### Assigned task
Only the number is wanted: how many lines of these entries contain the word "antt"?

### Data
----

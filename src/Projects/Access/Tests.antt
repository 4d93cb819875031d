-- ===== src/Projects/Access/Tests.antt =====
-- The theorem on admitted requests at stores with one project and one viewer.
use sentinel_api_platform.Prelude.{ℕ, ◌≡◌, refl, ◌⊎◌, String, ◌==◌, List, [], ◌∷◌, if◌then◌else◌}
use mathlib.Core.List.{Memᴰ}
use sentinel_api_platform.Errs.{sentinel, not_found}
use sentinel_api_platform.Effects.{ok, err}
use sentinel_api_platform.Model.{Project, ProjectMember}
use sentinel_api_platform.Projects.Service.{ProjectStore, MemberStore, role_for, member_role}
use sentinel_api_platform.Projects.Rbac.{goes_on, require_project_role}
use sentinel_api_platform.Projects.Access.{admitted_member}

abbrev pets : Project
pets = record { id = "p1"; name = "Pets"; slug = "pets"; owner_id = "ann"; description = "" }

abbrev project_store : ProjectStore ℕ
project_store = record {
  create = λ p n. (ok tt, n);
  find_by_id = λ id n. (if id == "p1" then ok pets else err (sentinel not_found), n);
  find_by_slug = λ slug n. (ok pets, n);
  list_by_owner = λ owner n. (ok [], n);
  update = λ p n. (ok tt, n);
  delete = λ id n. (ok tt, n);
}

abbrev member_store : MemberStore ℕ
member_store = record {
  add = λ m n. (ok tt, n);
  list_by_project = λ pid n. (ok [], n);
  find = λ pid user n. (
    if user == "bob"
        then ok (record { project_id = pid; user_id = "bob"; role = "viewer" })
        else err (sentinel not_found),
    n,
  );
}

abbrev levels : List String
levels = "admin" ∷ "viewer" ∷ []

bob_run :
    (require_project_role (role_for project_store member_store) levels "bob" "p1" 0).0 ≡ goes_on
unfolding require_project_role role_for member_role
bob_run = refl

admitted_member_example :
    ((p : Project) × ((project_store.find_by_id "p1" 0).0 ≡ ok p)
      × (p.owner_id ≡ "bob")
      × Memᴰ "admin" levels)
    ⊎ ((m : ProjectMember) × ((member_store.find "p1" "bob" 0).0 ≡ ok m) × Memᴰ m.role levels)
admitted_member_example = admitted_member project_store member_store levels "bob" "p1" 0 bob_run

----

### Response box
2